Demand Response Will Be Key If We’re To Integrate a Large Percentage of Renewable Energy
Here’s a wonderful article that deals with a subject that is of significant concern: the intermittence of solar and wind energy. It provides an interesting case study of how demand response can figure into the equation, a phenomenon that will play a huge role in a future in which we try to integrate a growing percentage of renewables.
Demand response formed a large part of my project report when I studied for my Masters degree in Renewable Energy Systems.
My report related to Western Denmark, which at the time had the highest penetration of wind power anywhere in the world. I looked at various energy storage and demand response type options for maintaining a stable grid with a large amount of intermittent power production.
The article referred to covered only one half of the demand response equation – that of coping with a sudden drop off in wind power production.
There are two facets to the intermittent nature of wind which must be taken into account.
1. Predicted variation – when looking 4 to 6 hours ahead in a country with a lot of widely dispersed wind power, it is possible to have a reasonably good idea of how much wind power will be generated. Prediction is usually within around
+/- 10% of the rated wind capacity on the system, and can be much closer for part of the time when weather systems are relatively stable.
Predicted variation can be planned for and other types of generation ramped up or down to balance the system.
2. Unpredicted variation – As above, suppose the system has 3 GW connected, and the prediction for 6 hours time is for 1.6 GW, you can expect error bars on the prediction of up to +/- 300 MW depending on how stable the weather is at that particular time.
In this prediction, you may get anywhere from 1.3 GW to 1.9 GW (with occasional outliers beyond this range)and will need to plan to handle this degree of variation from prediction.
Traditionally, this has been done almost entirely by adjusting power production, but if fossil fuel use is to be reduced as rapidly as possible, this is no longer enough.
In my report, I proposed to schedule power equal to the negative error bar to dispatchable power uses – such as running heat pumps on Denmark’s many district heating networks. Predicted variation can then be managed by moving either more or less power onto loads which are not time critical.

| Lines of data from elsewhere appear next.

-- ===== src/Subscription/Control/Keeps.antt =====
-- What subscribing and unsubscribing do to the enable counters of the client's own device, and to the
-- enable flags of the client.
use google_lwis.Prelude.{
  ℕ, ◌≡◌, refl, ◌∙◌, inl, inr, Bool, true, false, not, none, some, List, [], arith, ◌==◌,
  if◌then◌else◌, if-cases, Bool-cases, Option-cases,
}
use google_lwis.Kernel.{Kernel, World}
use google_lwis.Io.{Vops}
use google_lwis.Event.{irq_enable, get_trigger_device_id}
use google_lwis.Event.States.{
  EventControl, DeviceEventState, client_key, device_key, lwis_device_event_state_find_or_create,
  lwis_client_event_state_find_or_create,
}
use google_lwis.Event.States.Table.{find, find-modify, key-find}
use google_lwis.Device.{Device}
use google_lwis.Device.Flags.{counter_of, counter_of-created}
use google_lwis.Subscription.{
  Devices, Top, put, id_key, scan, lwis_find_dev_by_id, lwis_device_event_update_subscriber,
  subscribe_found, lwis_top_event_subscribe, lwis_top_event_unsubscribe,
}
use google_lwis.Subscription.Control.{
  Core, device_type_top, set_flags, add_state, add_client_state, create_states, subscribe_to,
  lwis_client_event_subscribe, lwis_client_event_unsubscribe, update_subscription,
}

-- Whether a client has set the enable flag of an event.
abbrev pub enables : List EventControl → ℕ → Bool
enables table event_id = elim (find client_key table event_id) [
  | none ↦ false
  | some s ↦ irq_enable s.flags
]

-- Two devices with the same enable counters.
abbrev pub SameCounters : Device → Device → Type 0
SameCounters d d' = (e : ℕ) → counter_of d'.event_states e ≡ counter_of d.event_states e

-- Two states in which the own device has the same counters and the client the same enable flags.
abbrev pub Keeps : {Hw : Type 0} → Core Hw → Core Hw → Type 0
Keeps c c' =
    SameCounters (c.devices.own) (c'.devices.own)
    × ((e : ℕ) → enables c'.event_states e ≡ enables c.event_states e)

pub put-SameCounters :
    (ds : Devices) (id : ℕ) (d d' : Device)
    → lwis_find_dev_by_id ds id ≡ some d
    → SameCounters d d'
    → SameCounters (ds.own) ((put ds id d').own)
unfolding lwis_find_dev_by_id
put-SameCounters ds id d d' found same e = ground (arith, same e)

counter_of-update_subscriber :
    (d : Device) (id : ℕ) (has : Bool)
    → SameCounters d (lwis_device_event_update_subscriber d id has).1
unfolding lwis_device_event_update_subscriber
counter_of-update_subscriber d id has e = ground (
  arith,
  find-modify device_key d.event_states id e
      (λ (s : DeviceEventState). record s { has_subscriber = has }) (λ s. refl),
)

module _ (k : Kernel) (bucket : ℕ → ℕ) {Hw : Type 0} (v : Vops Hw) where
  pub enables-created :
      (w : World Hw) (table : List EventControl) (id e : ℕ)
      → enables (lwis_client_event_state_find_or_create k w table id).1 e ≡ enables table e
  unfolding lwis_client_event_state_find_or_create find
  enables-created w table id e = ground arith

  pub enables-set_flags :
      (table : List EventControl) (id flags e : ℕ) (s : EventControl)
      → find client_key table id ≡ some s
      → enables (set_flags table id flags) e
        ≡ (if id == e then irq_enable flags else enables table e)
  enables-set_flags table id flags e s found = ground (
    arith,
    find-modify client_key table id e (λ (s : EventControl). record s { flags = flags })
        (λ s. refl),
  )

  Keeps-refl : (c : Core Hw) → Keeps c c
  Keeps-refl c = (λ e. refl, λ e. refl)

  Keeps-trans : (a b c : Core Hw) → Keeps a b → Keeps b c → Keeps a c
  Keeps-trans a b c ab bc = (λ e. bc.0 e ∙ ab.0 e, λ e. bc.1 e ∙ ab.1 e)

  add_state-Keeps : (c : Core Hw) (dev_id id : ℕ) → Keeps c (add_state k bucket v c dev_id id).1
  unfolding add_state
  add_state-Keeps c dev_id id = elim (Option-cases (lwis_find_dev_by_id c.devices dev_id)) [
    | inl missing ↦ (λ e. ground arith, λ e. ground arith)
    | inr (d, there) ↦ (
      λ e. ground (
        arith,
        put-SameCounters c.devices dev_id d
            (record d {
              event_states = (lwis_device_event_state_find_or_create k c.world d.event_states id).1;
            })
            there (λ e. counter_of-created k v c.world d.event_states id e) e,
      ),
      λ e. ground arith,
    )
  ]

  add_client_state-Keeps : (c : Core Hw) (id : ℕ) → Keeps c (add_client_state k bucket v c id).1
  unfolding add_client_state
  add_client_state-Keeps c id = (λ e. refl, λ e. enables-created c.world c.event_states id e)

  create_states-Keeps :
      (c : Core Hw) (id trigger_id : ℕ) → Keeps c (create_states k bucket v c id trigger_id).1
  unfolding create_states
  create_states-Keeps c id trigger_id =
      let c1 = (add_state k bucket v c c.devices.own.id id).1 in
      let c2 = (add_client_state k bucket v c1 id).1 in
      let c3 = (add_state k bucket v c2 trigger_id id).1 in
      let k1 = add_state-Keeps c c.devices.own.id id in
      let k2 = Keeps-trans c c1 c2 k1 (add_client_state-Keeps c1 id) in
      let k3 = Keeps-trans c c2 c3 k2 (add_state-Keeps c2 trigger_id id) in
      if-cases (λ (r : Bool × Core Hw). Keeps c r.1)
        (not (add_state k bucket v c c.devices.own.id id).0) (λ _. k1)
        (λ _.
          if-cases (λ (r : Bool × Core Hw). Keeps c r.1) (not (add_client_state k bucket v c1 id).0)
            (λ _. k2) (λ _. k3))

  subscribe_found-SameCounters :
      (w : World Hw) (ds : Devices) (top : Top) (id : ℕ) (trigger receiver : Device)
      → lwis_find_dev_by_id ds trigger.id ≡ some trigger
      → SameCounters (ds.own) ((subscribe_found k w ds top id trigger receiver).1.own)
  unfolding subscribe_found
  subscribe_found-SameCounters w ds top id trigger receiver there e =
      let same = λ (has : Bool).
        put-SameCounters ds trigger.id trigger
          (lwis_device_event_update_subscriber trigger id has).1 there
          (counter_of-update_subscriber trigger id has) e in
      ground (arith, same true, same false)

  found_again :
      (ds : Devices) (id : ℕ) (d : Device)
      → lwis_find_dev_by_id ds id ≡ some d
      → lwis_find_dev_by_id ds d.id ≡ some d
  unfolding lwis_find_dev_by_id
  found_again ds id d there = elim (Bool-cases (ds.own.id == id)) [
    | inl here ↦ ground arith
    | inr away ↦ ground (arith, key-find id_key ds.others id d (ground arith))
  ]

  top_subscribe-SameCounters :
      (w : World Hw) (ds : Devices) (top : Top) (id trigger_id receiver_id : ℕ)
      → SameCounters
          (ds.own)
          ((lwis_top_event_subscribe k w ds top id trigger_id receiver_id).1.own)
  unfolding lwis_top_event_subscribe
  top_subscribe-SameCounters w ds top id trigger_id receiver_id e =
      elim (Option-cases (lwis_find_dev_by_id ds trigger_id)) [
        | inl missing ↦ ground arith
        | inr (trigger, there) ↦ (elim (Option-cases (lwis_find_dev_by_id ds receiver_id)) [
          | inl lost ↦ ground arith
          | inr (receiver, here) ↦ ground (
            arith,
            subscribe_found-SameCounters w ds top id trigger receiver
                (found_again ds trigger_id trigger there) e,
          )
        ])
      ]

  subscribe_to-Keeps :
      (c : Core Hw) (top : Top) (id trigger_id : ℕ)
      → Keeps c (subscribe_to k bucket v c top id trigger_id).1
  unfolding subscribe_to
  subscribe_to-Keeps c top id trigger_id =
      let c' = (create_states k bucket v c id trigger_id).1 in
      let made = create_states-Keeps c id trigger_id in
      (
        λ e. ground (
          arith,
          made.0 e,
          top_subscribe-SameCounters c'.world c'.devices top id trigger_id c.devices.own.id e,
        ),
        λ e. ground (arith, made.1 e),
      )

  client_subscribe-Keeps :
      (c : Core Hw) (id : ℕ) → Keeps c (lwis_client_event_subscribe k bucket v c id).1
  unfolding lwis_client_event_subscribe
  client_subscribe-Keeps c id = elim (Option-cases c.top_dev) [
    | inl missing ↦ (λ e. ground arith, λ e. ground arith)
    | inr (top, there) ↦
        let made = subscribe_to-Keeps c top id (get_trigger_device_id id) in
        (λ e. ground (arith, made.0 e), λ e. ground (arith, made.1 e))
  ]

  top_unsubscribe-SameCounters :
      (ds ds' : Devices) (top top' : Top) (id receiver ret : ℕ)
      → lwis_top_event_unsubscribe bucket ds top id receiver ≡ some (ret, ds', top')
      → SameCounters (ds.own) (ds'.own)
  unfolding lwis_top_event_unsubscribe
  top_unsubscribe-SameCounters ds ds' top top' id receiver ret e x =
      let s =
        scan bucket
          (record { kept = []; pending = top.emitted; trigger_dev = none; has_subscriber = false })
          top.event_subscriber id receiver in
      elim (Option-cases s.trigger_dev) [
        | inl unset ↦ ground arith
        | inr (dev_id, set) ↦ (elim (Option-cases (lwis_find_dev_by_id ds dev_id)) [
          | inl missing ↦ ground arith
          | inr (trigger, there) ↦ ground (
            arith,
            put-SameCounters ds dev_id trigger
                (lwis_device_event_update_subscriber trigger id s.has_subscriber).1 there
                (counter_of-update_subscriber trigger id s.has_subscriber) x,
          )
        ])
      ]

  client_unsubscribe-Keeps :
      (c c' : Core Hw) (id ret : ℕ)
      → lwis_client_event_unsubscribe k bucket v c id ≡ some (ret, c')
      → Keeps c c'
  unfolding lwis_client_event_unsubscribe
  client_unsubscribe-Keeps c c' id ret e = elim (Option-cases c.top_dev) [
    | inl missing ↦ (λ x. ground arith, λ x. ground arith)
    | inr (top, there) ↦
        (elim (Option-cases (lwis_top_event_unsubscribe bucket c.devices top id c.devices.own.id)) [
          | inl undefined ↦ (λ x. ground arith, λ x. ground arith)
          | inr ((ret', ds, top'), done) ↦ (
            λ x. ground (
              arith,
              top_unsubscribe-SameCounters c.devices ds top top' id c.devices.own.id ret' done x,
              find-modify device_key ds.own.event_states id x
                  (λ (s : DeviceEventState). record s { event_counter = 0 }) (λ s. refl),
            ),
            λ x. ground arith,
          )
        ])
  ]

  pub update_subscription-Keeps :
      (c c' : Core Hw) (id new_flags ret : ℕ)
      → update_subscription k bucket v c id new_flags ≡ some (ret, c')
      → Keeps c c'
  unfolding update_subscription
  update_subscription-Keeps c c' id new_flags ret e =
      let subscribed = client_subscribe-Keeps c id in
      elim (Bool-cases (get_trigger_device_id id == c.devices.own.id)) [
        | inl local ↦ (λ x. ground arith, λ x. ground arith)
        | inr foreign ↦ (elim (Bool-cases (c.devices.own.dev_type == device_type_top)) [
          | inl top ↦ (λ x. ground arith, λ x. ground arith)
          | inr plain ↦ (elim (Bool-cases (new_flags == 0)) [
            | inl off ↦ client_unsubscribe-Keeps c c' id ret (ground arith)
            | inr on ↦ (λ x. ground (arith, subscribed.0 x), λ x. ground (arith, subscribed.1 x))
          ])
        ])
      ]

In this example, 1.3 GW of wind power can be cautiously regarded as firm 6 hours ahead – with any production above this going to uses where time of use is not of any significant importance.
If demand for unscheduled uses exceeds prediction, it is likely that some power can be diverted back from heating water for district heating, pumping water supplies to local distribution reservoirs and such like to meet immediate needs – the water can always be heated in a few hours time when power supplies are more readily available, and there is always a enough treated water in the local distribution reservoir to allow a temporary interruption to pumping.
This scenario can deliver extra power to the general user when the wind dies down more than predicted, and can also absorb unexpected bonus production when the wind suddenly increases – giving a full two way spinning reserve substitute.